Heck ya, there is not a better week in the year to listen to sports talk radio in the State of Utah. I look forward to all the ranting and crap talking that goes on all week with the fans.


----------



## coyoteslayer (Sep 10, 2007)

> CS every time you post something you manage to say something that couldn't be further from the truth! Tell me how the Utes have BYU's number? Everyone is right about anything happening, however, BYU has pulled out the win the last two years in a row, BYU knows they can win and have absolutely nothing to loose in this game. The U has everything to loose and the pressure is on them big time, don't even try to tell me otherwise! I can't wait for this game, no matter how it ends up it's great for our conference and most of all our in State football


!

Well BYU is the main game that they have been looking for all year and BYU defense is horrible which makes their tricky plays even better.

Uintaman, mark my words you will be speechless when you see the UTES beating BYU and stopping the BYU offense. You will be swearing at the TV when the UTES offense makes the BYU's defense look even worse.
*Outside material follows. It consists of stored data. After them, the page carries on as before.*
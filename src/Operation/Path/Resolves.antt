-- ===== src/Operation/Path/Resolves.antt =====
-- A resolved path has the segments of its template, and no others.
use mathlib.Core.Path.{◌≡◌, refl}
use mathlib.Core.Bool.{Bool, true, false, ◌&&◌}
use mathlib.Core.Option.{Option, some}
use mathlib.Core.List.{List, [], ◌∷◌}
use agent_key_vault_jit_acce.Prelude.Tests.{if◌then◌else◌}
use agent_key_vault_jit_acce.Prelude.Evolves.{All}
use agent_key_vault_jit_acce.Operation.Text.{Text, text_eq, split, join, path_escape}
use agent_key_vault_jit_acce.Operation.Text.Splits.{
  Lacks, split-join, split-Lacks, path_escape-Lacks, split-cons,
}
use agent_key_vault_jit_acce.Operation.Outcome.{
  Outcome, ok, invalid_template, invalid_arguments, ◌>>=◌, >>=-ok, refuse_if-ok, or_invalid-ok,
  carries,
}
use agent_key_vault_jit_acce.Operation.Path.{
  PathSegment, literal, placeholder, slash, unsafe_path_argument, is_last, validate_placeholder,
  validate_literal, validate_part, add_seen, validate_parts, validate_split, validate_path,
  path_parts, resolve_path,
}

-- What a part of the resolved path is: the literal, or the escaped value of the placeholder, which
-- is a safe argument.
abbrev pub Resolves : (Text → Option Text) → PathSegment → Text → Type 0
Resolves lookup (literal t) part = part ≡ t
Resolves lookup (placeholder name) part =
    (value : Text) × (lookup name ≡ some value)
    × (unsafe_path_argument value ≡ false)
    × (part ≡ path_escape value)

abbrev pub Matches : (Text → Option Text) → List PathSegment → List Text → Type 0
Matches lookup [] [] = Unit
Matches lookup (s ∷ segments) (t ∷ parts) = Resolves lookup s t × Matches lookup segments parts
Matches lookup _ _ = ⊥

abbrev SegmentLacks : PathSegment → Type 0
SegmentLacks (literal t) = Lacks slash t
SegmentLacks (placeholder name) = Unit

validate_placeholder-Lacks :
    (seen : List Text) (name : Text) (s : PathSegment)
    → validate_placeholder seen name ≡ ok s
    → SegmentLacks s
unfolding validate_placeholder
validate_placeholder-Lacks seen name s h =
    let (b, h₁) = refuse_if-ok _ invalid_template _ h in
    let (c, h₂) = refuse_if-ok _ invalid_template _ h₁ in carries SegmentLacks h₂ tt

validate_literal-Lacks :
    (part : Text) (s : PathSegment)
    → Lacks slash part
    → validate_literal part ≡ ok s
    → SegmentLacks s
unfolding validate_literal
validate_literal-Lacks part s a h =
    let (b, h₁) = refuse_if-ok _ invalid_template _ h in carries SegmentLacks h₁ a

-- Both branches of a test.
branches :
    {A : Type 0} (P : A → Type 0) (b : Bool) (x y : Outcome A) {a : A}
    → (if b then x else y) ≡ ok a
    → (x ≡ ok a → P a)
    → (y ≡ ok a → P a)
    → P a
branches P true x y h f g = f h
branches P false x y h f g = g h

validate_part-Lacks :
    (seen : List Text) (part : Text) (s : PathSegment)
    → Lacks slash part
    → validate_part seen part ≡ ok s
    → SegmentLacks s
unfolding validate_part
validate_part-Lacks seen part s a h =
    let (b, h₁) = refuse_if-ok _ invalid_template _ h in
    branches SegmentLacks _ _ _ h₁ (validate_placeholder-Lacks seen _ s)
      (validate_literal-Lacks part s a)

validate_parts-Lacks :
    (seen : List Text) (parts : List Text) (segments : List PathSegment)
    → All (Lacks slash) parts
    → validate_parts seen parts ≡ ok segments
    → All SegmentLacks segments
unfolding validate_parts
validate_parts-Lacks seen [] segments a h = carries (All SegmentLacks) h tt
validate_parts-Lacks seen (part ∷ parts) segments a h =
    let next : PathSegment → Outcome (List PathSegment) =
      λ segment. validate_parts (add_seen segment seen) parts >>= λ rest. ok (segment ∷ rest) in
    branches (All SegmentLacks) (text_eq part [] && is_last parts) (ok (literal part ∷ []))
      (validate_part seen part >>= next) h
      (λ last. carries (All SegmentLacks) {x = literal part ∷ []} last (a.0, tt))
      (λ more.
        let (s, h₁, h₂) = >>=-ok (validate_part seen part) next more in
        let (rest, h₃, h₄) =
          >>=-ok (validate_parts (add_seen s seen) parts) (λ rest. ok (s ∷ rest)) h₂ in
        carries (All SegmentLacks) {x = s ∷ rest} h₄ (
          validate_part-Lacks seen part s a.0 h₁,
          validate_parts-Lacks (add_seen s seen) parts rest a.1 h₃,
        ))

validate_split-Lacks :
    (parts : List Text) (segments : List PathSegment)
    → All (Lacks slash) parts
    → validate_split parts ≡ ok segments
    → All SegmentLacks segments
unfolding validate_split
validate_split-Lacks [] segments a h = carries (All SegmentLacks) h tt
validate_split-Lacks (part ∷ parts) segments a h =
    let (rest, h₁, h₂) = >>=-ok (validate_parts [] parts) _ h in
    carries (All SegmentLacks) h₂ (a.0, validate_parts-Lacks [] parts rest a.1 h₁)

pub validate_path-Lacks :
    (path : Text) (segments : List PathSegment)
    → validate_path path ≡ ok segments
    → All SegmentLacks segments
unfolding validate_path
validate_path-Lacks path segments h =
    let (b, h₁) = refuse_if-ok _ invalid_template _ h in
    validate_split-Lacks (split slash path) segments (split-Lacks slash path) h₁

abbrev Inhabited : List PathSegment → Type 0
Inhabited [] = ⊥
Inhabited (s ∷ segments) = Unit

validate_split-nonempty :
    (part : Text) (parts : List Text) → validate_split (part ∷ parts) ≡ ok [] → ⊥
unfolding validate_split
validate_split-nonempty part parts h =
    let (rest, h₁, h₂) = >>=-ok (validate_parts [] parts) _ h in
    carries Inhabited {x = literal part ∷ rest} {y = []} h₂ tt

validate_path-nonempty : (path : Text) → validate_path path ≡ ok [] → ⊥
unfolding validate_path
validate_path-nonempty path h =
    let (b, h₁) = refuse_if-ok _ invalid_template (validate_split (split slash path)) h in
    let (part, parts, e) = split-cons slash path in validate_split-nonempty part parts (rw e at h₁)

module _ (lookup : Text → Option Text) where
  path_parts-Matches :
      (segments : List PathSegment) (parts : List Text)
      → All SegmentLacks segments
      → path_parts lookup segments ≡ ok parts
      → Matches lookup segments parts × All (Lacks slash) parts
  unfolding path_parts
  path_parts-Matches [] parts a h =
      carries (λ ps. Matches lookup [] ps × All (Lacks slash) ps) h (tt, tt)
  path_parts-Matches (literal t ∷ segments) parts a h =
      let (rest, h₁, h₂) = >>=-ok (path_parts lookup segments) _ h in
      let (m, l) = path_parts-Matches segments rest a.1 h₁ in
      carries (λ ps. Matches lookup (literal t ∷ segments) ps × All (Lacks slash) ps) h₂
        ((refl, m), (a.0, l))
  path_parts-Matches (placeholder name ∷ segments) parts a h =
      let (value, found, h₁) = or_invalid-ok (lookup name) invalid_arguments _ h in
      let (safe, h₂) = refuse_if-ok (unsafe_path_argument value) invalid_arguments _ h₁ in
      let (rest, h₃, h₄) = >>=-ok (path_parts lookup segments) _ h₂ in
      let (m, l) = path_parts-Matches segments rest a.1 h₃ in
      carries (λ ps. Matches lookup (placeholder name ∷ segments) ps × All (Lacks slash) ps) h₄
        (((value, found, safe, refl), m), (path_escape-Lacks value, l))

  joined :
      (s : PathSegment) (segments : List PathSegment) (parts : List Text)
      → Matches lookup (s ∷ segments) parts
      → All (Lacks slash) parts
      → Matches lookup (s ∷ segments) (split slash (join slash parts))
  joined s segments [] m l = absurd m
  joined s segments (part ∷ parts) m l = rw (split-join slash part parts l) m

  resolve_path-Matches :
      (s : PathSegment) (segments : List PathSegment) (path : Text)
      → All SegmentLacks (s ∷ segments)
      → resolve_path lookup (s ∷ segments) ≡ ok path
      → Matches lookup (s ∷ segments) (split slash path)
  unfolding resolve_path
  resolve_path-Matches s segments path a h =
      let (parts, h₁, h₂) = >>=-ok (path_parts lookup (s ∷ segments)) _ h in
      let (m, l) = path_parts-Matches (s ∷ segments) parts a h₁ in
      carries (λ p. Matches lookup (s ∷ segments) (split slash p)) h₂ (joined s segments parts m l)

-- A path that is validated and then resolved has the segments of its template, and no others: each
-- literal stands where it stood, and each placeholder is one segment, the escaped value that is
-- bound to it, which is not empty, `.` or `..`, and holds no separator or control character.
pub resolve_path-segments :
    (lookup : Text → Option Text) (template : Text) (segments : List PathSegment) (path : Text)
    → validate_path template ≡ ok segments
    → resolve_path lookup segments ≡ ok path
    → Matches lookup segments (split slash path)
resolve_path-segments lookup template [] path v h = absurd (validate_path-nonempty template v)
resolve_path-segments lookup template (s ∷ segments) path v h =
    resolve_path-Matches lookup s segments path (validate_path-Lacks template (s ∷ segments) v) h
Whittingham, has been focusing on this game all year and the UTES want the BCS bad and they are going to get it.


----------



## UintaMan (Sep 16, 2007)

coyoteslayer said:


> > CS every time you post something you manage to say something that couldn't be further from the truth! Tell me how the Utes have BYU's number? Everyone is right about anything happening, however, BYU has pulled out the win the last two years in a row, BYU knows they can win and have absolutely nothing to loose in this game. The U has everything to loose and the pressure is on them big time, don't even try to tell me otherwise! I can't wait for this game, no matter how it ends up it's great for our conference and most of all our in State football
> 
> 
> !
> ...


It's great to see that my Cougars climbed three spots to 14th in the BCS. Beating the Utes on Saturday will get us into a BCS game! Obviously the Broncos have to loose, I know they still have Nevada and Fresno State on their schedule so if they loose one of those then crashing the BCS will be the mighty Cougs this year after defeating the Utes for the third year in a row, LMAO! I can't wait to see it all play out!


----------



## coyoteslayer (Sep 10, 2007)

> It's great to see that my Cougars climbed three spots to 14th in the BCS. Beating the Utes on Saturday will get us into a BCS game! Obviously the Broncos have to loose, I know they still have Nevada and Fresno State on their schedule so if they loose one of those then crashing the BCS will be the mighty Cougs this year after defeating the Utes for the third year in a row, LMAO! I can't wait to see it all play out!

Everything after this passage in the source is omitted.